California electric utilities narrowly avoided a recent crisis where an unknown suspect attempted to disable electric service by fraudulently entering a substation and turning off the breakers. According to the FBI, if the attack had succeeded, it could have led to catastrophic consequences for those relying on electricity for medical reasons.
A POLITICO analysis of Department of Energy (DoE) data has also revealed a sharp uptick in physical threats against the U.S. electric grid infrastructure — a total of 2,800 reported physical security threats in 2023, more than 1,000 more than in 2022. Security experts say this rise will only increase in 2024, with the U.S. election season heating up and tensions growing both at home and abroad.
The electric grid may seem like an extreme example of a physical infrastructure that needs hardening. Still, it serves as a case in point for what’s happening in the physical security space more broadly, as physical security threats are on an upswing across various industries and in the business world. According to one leading report, one-quarter of businesses saw increased physical security incidents in 2023, driven heavily by economic and social unrest. Another report found the business impact of such an incident for a publicly traded company is an average 29 percent drop in stock price. Not surprisingly, 46 percent of companies are set to significantly increase their physical security budgets in the next 12 months.
In recent years, many security dealers and systems integrators have put the majority of their customers’ IT security focus on cyber elements like routers and firewalls. This is of course, beneficial, but today’s executive boards are increasingly grappling to balance cyber and physical security. As a security dealer or integrator, there’s a fair chance your enterprise customers will be asking if their physical security protections are adequate. How can you best advise them? What options are available, and what makes the most sense?
Multifactor Authentication
Multifactor authentication (MFA) works by requiring multiple protections, usually something a person knows (like a password) and something a person has (like a mobile device or email account). In this example, at a specific access point (say a door), a person would enter a password and then be sent a special code (via phone text or email), which would be required to open the door and access the space.

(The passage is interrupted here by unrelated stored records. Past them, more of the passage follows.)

-- ===== src/Time/Tests.antt =====
-- Times at the boundaries.
use toywasm.Base.{◌+◌, ◌-◌, ◌*◌, ◌/◌, ◌^◌, ◌≡◌, arith, ok, ltb, refl}
use toywasm.Time.{Timespec, timespec_cmp, timespec_add, timespec_sub, raw_sum}
use toywasm.Time.{
  compare, assert_normalized, abstime_from_reltime_ns, abstime_to_reltime_ms_roundup,
}
use toywasm.Time.Arithmetic.{IsNormalized, nanos, IsTime, IsTimeOrOverflow, timespec_cmp-compare}
use toywasm.Time.Arithmetic.{timespec_add-IsTimeOrOverflow, timespec_sub-IsTime}
use toywasm.Time.Convert.{
  int_or_overflow, abstime_from_reltime_ns-IsTimeOrOverflow, abstime_to_reltime_ms_roundup-eq,
}

abbrev early : Timespec
early = record { sec = 1; nsec = 999999999 }

abbrev late : Timespec
late = record { sec = 3; nsec = 5 }

abbrev latest : Timespec
latest = record { sec = 9223372036854775807; nsec = 999999999 }

early-IsNormalized : IsNormalized early
early-IsNormalized = record { sec = omega arith; nsec = omega arith }

late-IsNormalized : IsNormalized late
late-IsNormalized = record { sec = omega arith; nsec = omega arith }

latest-IsNormalized : IsNormalized latest
latest-IsNormalized = record { sec = omega arith; nsec = omega arith }

carries : timespec_add early late ≡ ok (record { sec = 5; nsec = 4 })
unfolding timespec_add assert_normalized raw_sum timespec_cmp
carries = refl

timespec_cmp-compare_example : timespec_cmp early late ≡ ok (compare (nanos early) (nanos late))
timespec_cmp-compare_example = timespec_cmp-compare early late early-IsNormalized late-IsNormalized

timespec_add-IsTimeOrOverflow_example :
    IsTimeOrOverflow
      (nanos latest + nanos early)
      (timespec_add latest early)
      (ltb (nanos latest + nanos early) (2 ^ 63 * 1000000000))
timespec_add-IsTimeOrOverflow_example =
    timespec_add-IsTimeOrOverflow latest early latest-IsNormalized early-IsNormalized

timespec_sub-IsTime_example : IsTime (nanos late - nanos early) (timespec_sub late early)
timespec_sub-IsTime_example =
    timespec_sub-IsTime late early late-IsNormalized early-IsNormalized (omega arith)

abstime_from_reltime_ns-IsTimeOrOverflow_example :
    IsTimeOrOverflow
      (nanos late + 18446744073709551615)
      (abstime_from_reltime_ns (ok late) 18446744073709551615)
      (ltb (nanos late + 18446744073709551615) (2 ^ 63 * 1000000000))
abstime_from_reltime_ns-IsTimeOrOverflow_example =
    abstime_from_reltime_ns-IsTimeOrOverflow late 18446744073709551615 late-IsNormalized
      (omega arith)

abstime_to_reltime_ms_roundup-eq_example :
    abstime_to_reltime_ms_roundup (ok early) late
    ≡ int_or_overflow ((nanos late - nanos early + 999999) / 1000000)
abstime_to_reltime_ms_roundup-eq_example =
    abstime_to_reltime_ms_roundup-eq early late early-IsNormalized late-IsNormalized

MFA is a more rigorous process than passwords alone. However, certain combinations (like the common one described above) are not bulletproof as passwords can still be stolen and special codes intercepted by resourceful bad actors. Another drawback of using this type of combination for MFA is that it introduces an element of friction, making the authentication process more complicated, time-consuming, and frustrating. Imagine a scenario where a healthcare professional needs split-second access to a critical supplies room but then realizes they need a special code and their phone is not on their person. For the majority of scenarios, such delays are unpleasant; but in some, they are unacceptable.
Fobs and Keycards
Many physical access control systems rely on fobs and keycards incorporated into electronic systems, which then control doors and locks, allowing designated people to enter protected areas at these specific access points. However, like MFA, fobs and keycards aren’t perfect, dupe-proof systems. It can be all too easy for someone to give or loan their fob or keycard to someone else or for a fob or keycard to be lost or stolen, allowing access to unauthorized individuals.
As a security system dealer or integrator, maybe you find that MFA or fobs and keycards are sufficient for your customers. But maybe you don’t, as the risks they present are still too great, given the sensitivity of their physical areas. Fortunately, biometric authentication is evolving as an alternative that delivers the elusive yet vital combination of airtight security and maximum convenience.
Enter Biometrics
Biometrics — or unique individual traits such as fingerprints, facial scans or speaker recognition that can be used to verify an individual's identity — can ensure organizational security because they are intrinsic to each individual and cannot be lost or stolen. Furthermore, they take fractions of a second to process, versus leaving a potentially stressed individual fumbling for their phone. They’re also nearly impossible to subvert due to liveness capabilities, which can detect that a person presenting for authentication is a real, living human and not an attempt at a spoof (someone presenting a photo of an authorized user’s face or a recording of their voice, for instance).
It used to be that only large, established companies could afford biometrics due to the heavy upfront investment of time and resources involved. There’s further good news on this front: today’s biometric capabilities or workflows are now available in a cloud-based SaaS model. This means any size customer can now use biometrics as part of their physical access control offering — whether it’s a small organization securing a single door, office, or closet or a global enterprise with multiple buildings or data centers. Moreover, customers can get up and running quickly with minimal groundwork. So if you suggest biometrics to a customer, you’re not recommending an expensive, time-consuming overhaul of their security infrastructure. In most cases, customers can leverage the equipment they already have and the bring your own device (BYOD) trend.
For today’s security system dealers and integrators, being the best possible strategic advisor and purveyor of your customer’s physical security means understanding the growing threat landscape, the drawbacks of certain approaches, and new developments that democratize access to more sophisticated, secure, and convenient safeguards like biometrics. There’s no reason any organization — be it a large, established global enterprise, a public utility, or an SMB — must tolerate anything less.